-- Description of the task --
All that is wanted is the span of lines from the one with "drained id h ((j, k)" to the last line of the data, copied exactly.

-- Data to process --
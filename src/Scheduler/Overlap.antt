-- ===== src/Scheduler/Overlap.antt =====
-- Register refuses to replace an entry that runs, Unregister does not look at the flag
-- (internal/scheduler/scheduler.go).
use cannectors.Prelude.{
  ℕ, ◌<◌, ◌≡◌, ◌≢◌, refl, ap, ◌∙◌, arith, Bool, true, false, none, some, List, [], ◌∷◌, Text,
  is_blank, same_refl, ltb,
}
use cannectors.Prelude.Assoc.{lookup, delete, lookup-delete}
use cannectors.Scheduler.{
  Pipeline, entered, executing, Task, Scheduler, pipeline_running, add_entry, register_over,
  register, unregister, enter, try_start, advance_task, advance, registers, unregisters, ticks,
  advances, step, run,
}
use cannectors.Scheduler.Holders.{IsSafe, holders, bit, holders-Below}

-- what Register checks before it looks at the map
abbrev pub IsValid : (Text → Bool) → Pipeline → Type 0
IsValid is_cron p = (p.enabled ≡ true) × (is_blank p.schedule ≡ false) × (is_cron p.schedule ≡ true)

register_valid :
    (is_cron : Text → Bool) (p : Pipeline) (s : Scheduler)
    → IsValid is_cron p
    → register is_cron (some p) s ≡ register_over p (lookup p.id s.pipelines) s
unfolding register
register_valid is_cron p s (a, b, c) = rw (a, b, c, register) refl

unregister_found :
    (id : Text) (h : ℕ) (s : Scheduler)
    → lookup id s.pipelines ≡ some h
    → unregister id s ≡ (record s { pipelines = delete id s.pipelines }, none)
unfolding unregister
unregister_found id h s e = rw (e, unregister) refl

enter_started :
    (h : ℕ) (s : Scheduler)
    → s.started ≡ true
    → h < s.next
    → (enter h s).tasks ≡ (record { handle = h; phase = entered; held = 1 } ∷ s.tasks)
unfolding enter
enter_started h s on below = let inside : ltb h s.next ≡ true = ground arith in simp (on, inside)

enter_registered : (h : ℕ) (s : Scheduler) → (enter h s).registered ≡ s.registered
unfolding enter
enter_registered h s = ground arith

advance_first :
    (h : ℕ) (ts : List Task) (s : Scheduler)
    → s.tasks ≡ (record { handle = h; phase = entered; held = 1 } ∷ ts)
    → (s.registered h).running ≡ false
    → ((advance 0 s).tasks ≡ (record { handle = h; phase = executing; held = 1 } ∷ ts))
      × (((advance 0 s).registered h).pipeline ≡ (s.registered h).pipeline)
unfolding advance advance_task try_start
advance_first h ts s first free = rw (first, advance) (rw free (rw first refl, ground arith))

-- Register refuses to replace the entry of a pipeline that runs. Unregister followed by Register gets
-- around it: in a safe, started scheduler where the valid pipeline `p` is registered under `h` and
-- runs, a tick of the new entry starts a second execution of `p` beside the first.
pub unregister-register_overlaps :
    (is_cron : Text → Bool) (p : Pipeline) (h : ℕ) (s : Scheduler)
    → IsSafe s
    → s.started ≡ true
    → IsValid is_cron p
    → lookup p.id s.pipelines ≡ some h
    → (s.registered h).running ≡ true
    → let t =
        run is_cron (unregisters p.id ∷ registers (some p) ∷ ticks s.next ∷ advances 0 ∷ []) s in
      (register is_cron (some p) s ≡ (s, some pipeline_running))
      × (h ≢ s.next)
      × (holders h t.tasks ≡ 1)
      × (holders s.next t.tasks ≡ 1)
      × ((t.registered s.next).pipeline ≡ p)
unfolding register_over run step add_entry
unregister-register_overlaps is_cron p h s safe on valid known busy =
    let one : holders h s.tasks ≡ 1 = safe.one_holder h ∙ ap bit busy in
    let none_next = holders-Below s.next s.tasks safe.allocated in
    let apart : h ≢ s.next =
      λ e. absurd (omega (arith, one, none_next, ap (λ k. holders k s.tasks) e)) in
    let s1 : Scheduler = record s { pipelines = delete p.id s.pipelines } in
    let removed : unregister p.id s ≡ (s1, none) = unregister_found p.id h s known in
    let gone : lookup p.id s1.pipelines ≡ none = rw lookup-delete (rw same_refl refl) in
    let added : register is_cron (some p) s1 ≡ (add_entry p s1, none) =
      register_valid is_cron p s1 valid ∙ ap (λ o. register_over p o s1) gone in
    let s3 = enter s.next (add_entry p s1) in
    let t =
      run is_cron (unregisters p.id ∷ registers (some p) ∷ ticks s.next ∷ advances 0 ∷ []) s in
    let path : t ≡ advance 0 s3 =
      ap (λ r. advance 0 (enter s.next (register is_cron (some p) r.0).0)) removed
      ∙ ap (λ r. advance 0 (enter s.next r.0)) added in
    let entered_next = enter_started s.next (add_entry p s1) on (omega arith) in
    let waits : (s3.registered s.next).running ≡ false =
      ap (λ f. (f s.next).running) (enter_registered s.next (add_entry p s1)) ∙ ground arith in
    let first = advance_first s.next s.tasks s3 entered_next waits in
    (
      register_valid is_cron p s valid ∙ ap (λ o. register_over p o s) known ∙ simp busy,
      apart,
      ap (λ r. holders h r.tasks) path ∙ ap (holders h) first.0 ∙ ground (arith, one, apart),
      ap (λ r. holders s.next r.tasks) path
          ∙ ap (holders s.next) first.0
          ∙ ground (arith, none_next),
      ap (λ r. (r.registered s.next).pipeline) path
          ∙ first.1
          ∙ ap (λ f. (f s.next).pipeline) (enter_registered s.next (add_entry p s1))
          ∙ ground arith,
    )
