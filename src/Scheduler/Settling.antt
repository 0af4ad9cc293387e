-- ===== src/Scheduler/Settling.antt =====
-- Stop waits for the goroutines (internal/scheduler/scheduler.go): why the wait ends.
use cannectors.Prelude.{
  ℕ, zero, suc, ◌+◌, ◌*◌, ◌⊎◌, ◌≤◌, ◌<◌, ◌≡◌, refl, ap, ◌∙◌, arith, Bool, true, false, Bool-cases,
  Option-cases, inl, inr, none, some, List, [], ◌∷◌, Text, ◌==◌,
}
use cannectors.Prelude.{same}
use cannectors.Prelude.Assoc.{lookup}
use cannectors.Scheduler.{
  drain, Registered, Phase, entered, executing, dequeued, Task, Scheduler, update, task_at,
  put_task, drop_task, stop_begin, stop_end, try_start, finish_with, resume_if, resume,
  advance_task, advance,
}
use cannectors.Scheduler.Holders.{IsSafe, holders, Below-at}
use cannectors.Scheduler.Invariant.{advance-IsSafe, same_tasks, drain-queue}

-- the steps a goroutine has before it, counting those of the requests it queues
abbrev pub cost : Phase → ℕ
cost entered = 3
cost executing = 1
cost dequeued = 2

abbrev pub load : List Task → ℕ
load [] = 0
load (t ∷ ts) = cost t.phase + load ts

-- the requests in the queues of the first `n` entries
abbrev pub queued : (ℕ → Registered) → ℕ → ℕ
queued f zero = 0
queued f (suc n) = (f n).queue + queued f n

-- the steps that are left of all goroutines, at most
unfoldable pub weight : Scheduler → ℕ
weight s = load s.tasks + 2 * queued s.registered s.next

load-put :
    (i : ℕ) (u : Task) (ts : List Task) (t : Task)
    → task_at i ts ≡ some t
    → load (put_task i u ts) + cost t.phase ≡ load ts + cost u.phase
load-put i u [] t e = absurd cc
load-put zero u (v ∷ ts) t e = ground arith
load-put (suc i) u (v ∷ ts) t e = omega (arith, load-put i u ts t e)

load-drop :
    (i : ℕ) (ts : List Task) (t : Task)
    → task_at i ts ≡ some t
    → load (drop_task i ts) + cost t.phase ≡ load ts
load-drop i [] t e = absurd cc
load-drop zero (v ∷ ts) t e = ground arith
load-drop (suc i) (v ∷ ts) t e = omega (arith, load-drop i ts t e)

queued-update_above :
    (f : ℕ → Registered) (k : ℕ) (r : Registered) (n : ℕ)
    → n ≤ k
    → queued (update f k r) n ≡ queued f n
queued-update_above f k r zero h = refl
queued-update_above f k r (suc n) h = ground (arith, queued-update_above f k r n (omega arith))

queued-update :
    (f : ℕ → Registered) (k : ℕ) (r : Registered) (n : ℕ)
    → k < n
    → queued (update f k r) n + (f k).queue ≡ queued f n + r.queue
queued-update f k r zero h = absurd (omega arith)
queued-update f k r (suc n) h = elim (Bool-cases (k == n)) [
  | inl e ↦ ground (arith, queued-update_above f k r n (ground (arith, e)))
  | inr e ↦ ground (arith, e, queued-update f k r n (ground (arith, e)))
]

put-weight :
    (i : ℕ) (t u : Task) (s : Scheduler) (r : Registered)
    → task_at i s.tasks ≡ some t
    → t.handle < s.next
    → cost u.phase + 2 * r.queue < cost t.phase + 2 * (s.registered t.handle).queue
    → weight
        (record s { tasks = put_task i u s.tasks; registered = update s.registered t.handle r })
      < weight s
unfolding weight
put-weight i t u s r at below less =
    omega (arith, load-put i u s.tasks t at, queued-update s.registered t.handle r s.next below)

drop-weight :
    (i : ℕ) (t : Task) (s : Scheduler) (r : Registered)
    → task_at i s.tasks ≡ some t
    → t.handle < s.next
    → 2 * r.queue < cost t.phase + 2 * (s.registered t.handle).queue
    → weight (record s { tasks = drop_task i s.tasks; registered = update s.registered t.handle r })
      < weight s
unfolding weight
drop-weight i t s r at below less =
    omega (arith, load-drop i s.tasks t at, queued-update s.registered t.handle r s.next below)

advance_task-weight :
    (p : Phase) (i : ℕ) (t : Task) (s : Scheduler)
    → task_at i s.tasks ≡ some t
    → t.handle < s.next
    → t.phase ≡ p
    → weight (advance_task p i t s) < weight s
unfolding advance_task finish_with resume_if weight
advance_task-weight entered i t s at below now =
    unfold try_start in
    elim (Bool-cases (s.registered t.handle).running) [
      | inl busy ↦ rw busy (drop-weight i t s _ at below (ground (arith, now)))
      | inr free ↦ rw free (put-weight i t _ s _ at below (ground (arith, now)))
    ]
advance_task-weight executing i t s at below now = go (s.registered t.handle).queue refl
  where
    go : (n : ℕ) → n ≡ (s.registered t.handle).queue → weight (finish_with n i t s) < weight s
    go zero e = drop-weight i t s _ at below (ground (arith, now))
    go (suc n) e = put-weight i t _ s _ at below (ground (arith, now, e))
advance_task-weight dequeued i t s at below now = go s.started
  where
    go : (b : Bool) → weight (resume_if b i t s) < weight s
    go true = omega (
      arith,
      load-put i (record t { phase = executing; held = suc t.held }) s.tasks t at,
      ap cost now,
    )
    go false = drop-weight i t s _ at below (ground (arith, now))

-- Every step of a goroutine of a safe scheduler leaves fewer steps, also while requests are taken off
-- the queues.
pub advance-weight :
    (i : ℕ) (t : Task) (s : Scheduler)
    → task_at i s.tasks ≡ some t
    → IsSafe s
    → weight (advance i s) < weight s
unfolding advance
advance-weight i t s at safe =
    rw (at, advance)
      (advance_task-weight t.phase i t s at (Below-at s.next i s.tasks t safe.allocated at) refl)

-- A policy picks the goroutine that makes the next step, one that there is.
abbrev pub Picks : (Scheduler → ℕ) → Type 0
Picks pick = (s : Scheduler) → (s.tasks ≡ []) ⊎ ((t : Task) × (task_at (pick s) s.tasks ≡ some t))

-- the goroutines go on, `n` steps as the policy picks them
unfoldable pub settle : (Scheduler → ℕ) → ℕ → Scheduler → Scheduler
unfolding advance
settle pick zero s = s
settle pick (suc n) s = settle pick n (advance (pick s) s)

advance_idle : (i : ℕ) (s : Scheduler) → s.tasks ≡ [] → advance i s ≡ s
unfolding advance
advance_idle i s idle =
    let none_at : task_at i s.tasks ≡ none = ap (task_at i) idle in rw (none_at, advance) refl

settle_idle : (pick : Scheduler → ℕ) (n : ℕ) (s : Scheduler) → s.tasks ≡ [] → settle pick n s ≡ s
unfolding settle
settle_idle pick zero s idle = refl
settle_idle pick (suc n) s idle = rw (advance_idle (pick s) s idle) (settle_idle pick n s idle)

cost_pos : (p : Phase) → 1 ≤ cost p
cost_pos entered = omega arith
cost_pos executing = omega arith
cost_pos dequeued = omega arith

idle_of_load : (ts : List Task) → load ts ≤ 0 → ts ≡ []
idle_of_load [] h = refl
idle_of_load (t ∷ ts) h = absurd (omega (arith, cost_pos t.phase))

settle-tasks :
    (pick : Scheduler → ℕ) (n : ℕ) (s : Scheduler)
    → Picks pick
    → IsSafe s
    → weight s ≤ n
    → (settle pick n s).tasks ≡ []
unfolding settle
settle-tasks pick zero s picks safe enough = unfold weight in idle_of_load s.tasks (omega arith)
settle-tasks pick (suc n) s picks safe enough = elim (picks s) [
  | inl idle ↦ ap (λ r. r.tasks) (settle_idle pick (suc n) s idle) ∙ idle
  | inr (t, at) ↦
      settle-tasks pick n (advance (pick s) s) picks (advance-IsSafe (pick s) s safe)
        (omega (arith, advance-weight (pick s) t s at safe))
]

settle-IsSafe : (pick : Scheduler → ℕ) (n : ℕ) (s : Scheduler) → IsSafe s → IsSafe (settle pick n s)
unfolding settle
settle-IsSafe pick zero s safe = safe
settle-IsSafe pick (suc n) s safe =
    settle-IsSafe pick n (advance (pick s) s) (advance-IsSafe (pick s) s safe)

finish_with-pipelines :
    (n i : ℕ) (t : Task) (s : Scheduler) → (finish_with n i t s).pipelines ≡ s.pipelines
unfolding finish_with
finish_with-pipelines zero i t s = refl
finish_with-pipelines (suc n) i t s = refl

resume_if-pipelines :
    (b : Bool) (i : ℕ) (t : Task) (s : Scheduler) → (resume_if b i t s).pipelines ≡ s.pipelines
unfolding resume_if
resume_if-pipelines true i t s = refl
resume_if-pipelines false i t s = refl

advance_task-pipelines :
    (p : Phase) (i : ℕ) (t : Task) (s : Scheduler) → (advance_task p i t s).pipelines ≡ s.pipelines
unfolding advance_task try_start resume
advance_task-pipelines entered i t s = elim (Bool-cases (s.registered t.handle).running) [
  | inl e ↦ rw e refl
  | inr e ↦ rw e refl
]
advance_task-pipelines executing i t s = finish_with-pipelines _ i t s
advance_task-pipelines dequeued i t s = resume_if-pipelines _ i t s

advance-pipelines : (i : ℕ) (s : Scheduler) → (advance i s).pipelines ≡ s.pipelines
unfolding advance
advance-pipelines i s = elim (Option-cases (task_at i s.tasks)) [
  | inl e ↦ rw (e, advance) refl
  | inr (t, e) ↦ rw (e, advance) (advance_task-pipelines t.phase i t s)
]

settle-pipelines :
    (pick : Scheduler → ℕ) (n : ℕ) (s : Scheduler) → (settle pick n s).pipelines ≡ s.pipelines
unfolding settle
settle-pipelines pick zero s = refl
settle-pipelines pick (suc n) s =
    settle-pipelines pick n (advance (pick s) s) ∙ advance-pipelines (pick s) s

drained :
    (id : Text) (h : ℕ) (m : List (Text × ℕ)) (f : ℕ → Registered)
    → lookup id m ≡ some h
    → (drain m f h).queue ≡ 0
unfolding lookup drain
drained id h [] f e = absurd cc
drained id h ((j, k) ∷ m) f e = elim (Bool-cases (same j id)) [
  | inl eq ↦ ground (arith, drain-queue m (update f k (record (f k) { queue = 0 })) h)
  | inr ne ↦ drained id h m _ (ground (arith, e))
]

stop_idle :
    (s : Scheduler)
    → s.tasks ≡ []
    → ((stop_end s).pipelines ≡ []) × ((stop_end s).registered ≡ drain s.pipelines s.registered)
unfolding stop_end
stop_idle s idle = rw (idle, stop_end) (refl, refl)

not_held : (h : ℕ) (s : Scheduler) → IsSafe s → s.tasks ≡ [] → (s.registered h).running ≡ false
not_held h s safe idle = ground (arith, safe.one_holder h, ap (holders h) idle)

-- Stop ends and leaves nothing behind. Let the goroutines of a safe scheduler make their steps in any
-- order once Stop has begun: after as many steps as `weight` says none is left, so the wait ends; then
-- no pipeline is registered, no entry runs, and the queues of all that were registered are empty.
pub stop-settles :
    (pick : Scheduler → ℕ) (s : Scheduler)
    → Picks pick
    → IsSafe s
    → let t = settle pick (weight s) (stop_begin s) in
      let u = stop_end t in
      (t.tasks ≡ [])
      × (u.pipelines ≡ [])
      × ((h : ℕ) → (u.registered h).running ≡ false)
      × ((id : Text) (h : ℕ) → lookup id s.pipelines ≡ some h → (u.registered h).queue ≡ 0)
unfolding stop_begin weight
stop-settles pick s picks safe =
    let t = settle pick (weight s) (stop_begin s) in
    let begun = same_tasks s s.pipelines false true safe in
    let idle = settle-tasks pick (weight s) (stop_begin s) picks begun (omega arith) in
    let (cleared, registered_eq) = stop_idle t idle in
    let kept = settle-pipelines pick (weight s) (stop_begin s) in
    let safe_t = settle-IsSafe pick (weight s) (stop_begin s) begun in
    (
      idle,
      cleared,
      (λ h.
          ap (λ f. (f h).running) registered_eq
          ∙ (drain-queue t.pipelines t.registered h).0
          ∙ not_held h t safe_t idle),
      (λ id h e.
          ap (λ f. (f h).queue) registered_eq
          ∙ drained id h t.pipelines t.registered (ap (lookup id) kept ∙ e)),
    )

-- The answer --
drained id h ((j, k) ∷ m) f e = elim (Bool-cases (same j id)) [
  | inl eq ↦ ground (arith, drain-queue m (update f k (record (f k) { queue = 0 })) h)
  | inr ne ↦ drained id h m _ (ground (arith, e))
]

stop_idle :
    (s : Scheduler)
    → s.tasks ≡ []
    → ((stop_end s).pipelines ≡ []) × ((stop_end s).registered ≡ drain s.pipelines s.registered)
unfolding stop_end
stop_idle s idle = rw (idle, stop_end) (refl, refl)

not_held : (h : ℕ) (s : Scheduler) → IsSafe s → s.tasks ≡ [] → (s.registered h).running ≡ false
not_held h s safe idle = ground (arith, safe.one_holder h, ap (holders h) idle)

-- Stop ends and leaves nothing behind. Let the goroutines of a safe scheduler make their steps in any
-- order once Stop has begun: after as many steps as `weight` says none is left, so the wait ends; then
-- no pipeline is registered, no entry runs, and the queues of all that were registered are empty.
pub stop-settles :
    (pick : Scheduler → ℕ) (s : Scheduler)
    → Picks pick
    → IsSafe s
    → let t = settle pick (weight s) (stop_begin s) in
      let u = stop_end t in
      (t.tasks ≡ [])
      × (u.pipelines ≡ [])
      × ((h : ℕ) → (u.registered h).running ≡ false)
      × ((id : Text) (h : ℕ) → lookup id s.pipelines ≡ some h → (u.registered h).queue ≡ 0)
unfolding stop_begin weight
stop-settles pick s picks safe =
    let t = settle pick (weight s) (stop_begin s) in
    let begun = same_tasks s s.pipelines false true safe in
    let idle = settle-tasks pick (weight s) (stop_begin s) picks begun (omega arith) in
    let (cleared, registered_eq) = stop_idle t idle in
    let kept = settle-pipelines pick (weight s) (stop_begin s) in
    let safe_t = settle-IsSafe pick (weight s) (stop_begin s) begun in
    (
      idle,
      cleared,
      (λ h.
          ap (λ f. (f h).running) registered_eq
          ∙ (drain-queue t.pipelines t.registered h).0
          ∙ not_held h t safe_t idle),
      (λ id h e.
          ap (λ f. (f h).queue) registered_eq
          ∙ drained id h t.pipelines t.registered (ap (lookup id) kept ∙ e)),
    )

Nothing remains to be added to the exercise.